7. The sample analyzer according to claim 6, characterized in that, The controller is further configured to: if the reaction is not completed within the 0-T1 time period, execute a retest process, specifically including: The reaction solution preparation device is controlled to add the sample, the diluent, and the reaction reagent to another reaction vessel according to a second preset ratio to form a second reaction solution; The reaction vessel transfer device controls the transfer of the other reaction vessel containing the second reaction solution to the detection device for detection, and outputs the blood clotting time, wherein the sample content in the second reaction solution is greater than the sample content in the first reaction solution.

8. The sample analyzer according to claim 7, characterized in that, The controller is further configured to: determine the concentration of the analyte in the sample based on the blood clotting time, calibration curve and concentration parameters output by the sample, wherein the calibration curve is a curve obtained after performing detection in the detection device based on a multi-level calibrator of known concentration, wherein the blood clotting time of the first level calibrator is greater than T0 and the blood clotting time of the second level calibrator is less than T0.

9. The sample analyzer according to claim 7, characterized in that, The total volume of the first reaction solution is equal to the total volume of the second reaction solution.
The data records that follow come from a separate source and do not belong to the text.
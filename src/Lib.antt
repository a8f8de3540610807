-- ===== src/Lib.antt =====
-- VisionTactile-Dataset: what of the capture and tracking software is modelled, and what is proved.
--
-- The repository records synchronized camera, tactile and tracker data. A capture is driven by a
-- controller on the host (ros2_ws/src/vt_realsense_capture): it takes START and STOP commands, keeps
-- the lifecycle of a session in a state machine, writes the session's files, and runs `ros2 bag
-- record` as a process that it must end in a known way. A tracker publisher
-- (ros2_ws/src/vt_vive_tracker) reads poses, puts the samples into a bounded queue, and keeps a health
-- book of each tracker, from which status messages are made. The offline tools under tools/ align
-- and calibrate what was recorded.
--
-- Files, and the code that each is about:
--   Common and its children: texts, tests on numbers, lists, Python's dictionaries in the order of
--     insertion (Common.Dict), `deque` with a bound (Common.Deque), Python's int (Common.Int), and a
--     method call as state and an exception (Common.Monad); the state survives a raise, since what was
--     written stays written.
--   Capture.Session: vt_realsense_capture/session.py. `CaptureStateMachine` is a record, each of its
--     methods a function of the same name, its `_requests` a dictionary, its errors constructors of
--     `Error`. Below it: the diagram of states (Lifecycle), the invariant (Invariant), retries
--     (Requests), and sequences of calls (Traces).
--   Capture.Facts: the facts of vt_realsense_capture/controller.py, and `Env`, the collaborators that
--     the controller is given: clock, session store, qos writer, recorder, sinks. They are parameters:
--     each, the clock included, answers or raises as a function of the calls so far, and what a theorem
--     assumes of an answer is among its hypotheses.
--   Capture.Controller: `CaptureController` of the same file; its `accept` is in Commands, the START
--     path in Start, and tick, shutdown and finalization in Finalization. Below it:
--     the invariant (Invariant, Runs), retries (Idempotence), the recorder's owner after a START
--     (Owning, Ownership), and the ends of a capture (Ending, Ticking).
--   Capture.Recorder: `RecorderProcess` of vt_realsense_capture/recorder.py. The operating system is the
--     parameter `Os`: spawning, polling, signalling, waiting and the log file answer, or raise, as a function of the
--     trace of calls so far. A wait is by its whole seconds, and a reason text by a constructor.
--   Tracker.Health: `TrackerHealthBook` of vt_vive_tracker/health.py; each method holds the lock from
--     its first read to its last write, so that it is one step. Runs has sequences of calls, Reports
--     what a report does.
--   Tracker.Queue: `BoundedSampleQueue` of the same file, with the health book as part of its state.
--   Tracker.Samples and Tracker.Roles: `NativePose`, `StampedTrackerSample` and `normalize_pose` of
--     vt_vive_tracker/model.py, `RoleMap` and `load_role_map` of roles.py, and identity.py. Floats, the
--     file that is read, its YAML and SHA-256 are parameters.
--   Tracker.PoseSource: `ReadOnlyPoseSource` of vt_vive_tracker/pose_source.py. The bundle, the HID backend,
--     the decoder, the clocks, the stop event and the node's callbacks are the parameter `env`, whose
--     answers are functions of the events so far. Start has `start` and `stop`, Reader the thread: one
--     step is one turn of the loop of `_run` or of `_recover_read_only`, so that no fuel is needed.
--   Tracker.Visualization: `TrackerVisualizationModel` of vt_vive_tracker/visualization_model.py, which the
--     visualizer and the GUI show: its observations, and its `snapshots` in Snapshots. The floats of a
--     pose are a type that is a parameter, with the test whether one is finite.
--   Gui.Store: `LatestSnapshotStore` of ros2_ws/src/vt_vive_tracker_gui/vt_vive_tracker_gui/
--     snapshot_store.py, and `overall_state` of display_model.py beside it.
--   Gui.Runtime: `RosRuntime` of runtime.py there; the executor, its thread, the node and the context
--     are the parameter `env`, whose answers are functions of the calls so far.
--   Alignment.ClockAudit: tools/multisensor_alignment/src/vt_multisensor_alignment/clock_audit.py, the audit
--     of a stream's two clocks, with Python's integers for the differences.
--   Alignment.Matcher: `_timestamps` and `select_generic_sample` of matcher.py beside it; `bisect` of
--     Python's library is the number of times before, or not after, a time, for times in order.
--   Alignment.Matching: `match_nearest_unique` of the same file. Chains, edges and the Fenwick tree are as
--     in the code; Tree is about the tree alone, Bisect about the candidates of a frame, Scans and Rows
--     about the loop over the frames, Written about the last loop, and Optimal about the whole.
--   Alignment.Interpolation: `_pose_timestamps` and `interpolate_pose` of the same file, with the poses of
--     model.py beside it; the transform and its interpolation, which may raise, are parameters.
-- Each module called Tests runs the definitions on concrete inputs, and applies the theorems there.
--
-- The controller calls the machine and the recorder: Capture.Controller runs the definitions of
-- Capture.Session on its own copy of the machine's state, and meets the recorder through `Env`, as
-- the code does by the protocol `Recorder`. The queue calls `record_drop` of Tracker.Health. The
-- roles that Tracker.Visualization shows are what Gui.Store publishes.
--
-- The loops of the Fenwick tree in Alignment.Matching take fuel: the way down as much as its index, the
-- way up as much as the tree is long, and the way back as many steps as there are edges. Each step
-- lowers the index, raises it, or goes to an earlier edge, so it is enough, and the theorems about the
-- whole rest on it. No other loop needs fuel. Numbers are natural numbers without a bound, as Python's
-- are; where the code takes an integer that may be negative, the model does too, except for the
-- sequences of timestamps in Alignment.Matcher and Alignment.Matching, whose check for negative ones is
-- left out. Times in the code that
-- are floats are not read by what is modelled. Python's checks of argument types are left out, since
-- the model is typed; its checks of values are kept.
--
-- Not modelled: the ROS nodes and launch files, which pass messages on; the files that session stores
-- and writers put on disk; the construction of the recorder's command line and its topics; the range
-- of the read timeout of the pose source; the other parts of the tools under tools/, which are
-- numerical or read and write files; the drawing of the GUI; the C++ timing normalizer; and the
-- generated message packages.
pub mod Alignment
pub mod Capture
pub mod Common
pub mod Gui
pub mod Tracker
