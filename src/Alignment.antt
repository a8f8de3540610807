-- ===== src/Alignment.antt =====
-- The offline alignment of recorded streams (tools/multisensor_alignment).
pub mod ClockAudit
pub mod Matcher
pub mod Matching
pub mod Interpolation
10. A method for detecting blood clotting time, said method being applied to a sample analyzer, characterized in that, The method includes: The sample and reaction reagents are placed in a reaction container with magnetic beads and mixed to form the first reaction solution; The first reaction solution in the reaction vessel is detected. During the detection process, a driving electromagnetic field is periodically applied to the reaction vessel, and each cycle has an average power. During the detection process from 0 to T0, the magnetic beads are driven to oscillate within the reaction container with a first average power. During the detection process from T0 to T1, the magnetic beads are driven to oscillate within the reaction container with a second average power. The reaction end time is determined based on the amplitude of the magnetic beads in the reaction container from 0 to T1, and the blood coagulation time of the sample is output. The second average power is lower than the first average power.

11. The method according to claim 10, characterized in that, The second average power is 50% to 90% of the first average power.

12. The method according to claim 10, characterized in that, The method further includes determining the concentration of the analyte in the sample based on the blood clotting time and calibration curve corresponding to the sample, wherein the calibration curve is a curve obtained after detection based on a multi-level calibrator of known concentration, wherein the blood clotting time of the first level calibrator is greater than T0, and the blood clotting time of the second level calibrator is less than T0.

13. The method according to claim 10, characterized in that, The method further includes: judging the reaction progress based on the amplitude of the magnetic bead in the reaction vessel at time 0-T1; if the reaction ends, stopping the oscillation of the magnetic bead at the time of reaction end; otherwise, stopping the oscillation of the magnetic bead at time T1 and outputting a reaction abnormality signal.

14. The sample analyzer according to claim 12, characterized in that, The T0 is greater than or equal to the blood clotting time corresponding to the lowest concentration of the analyte in the sample that can be detected when the first average power is used for detection.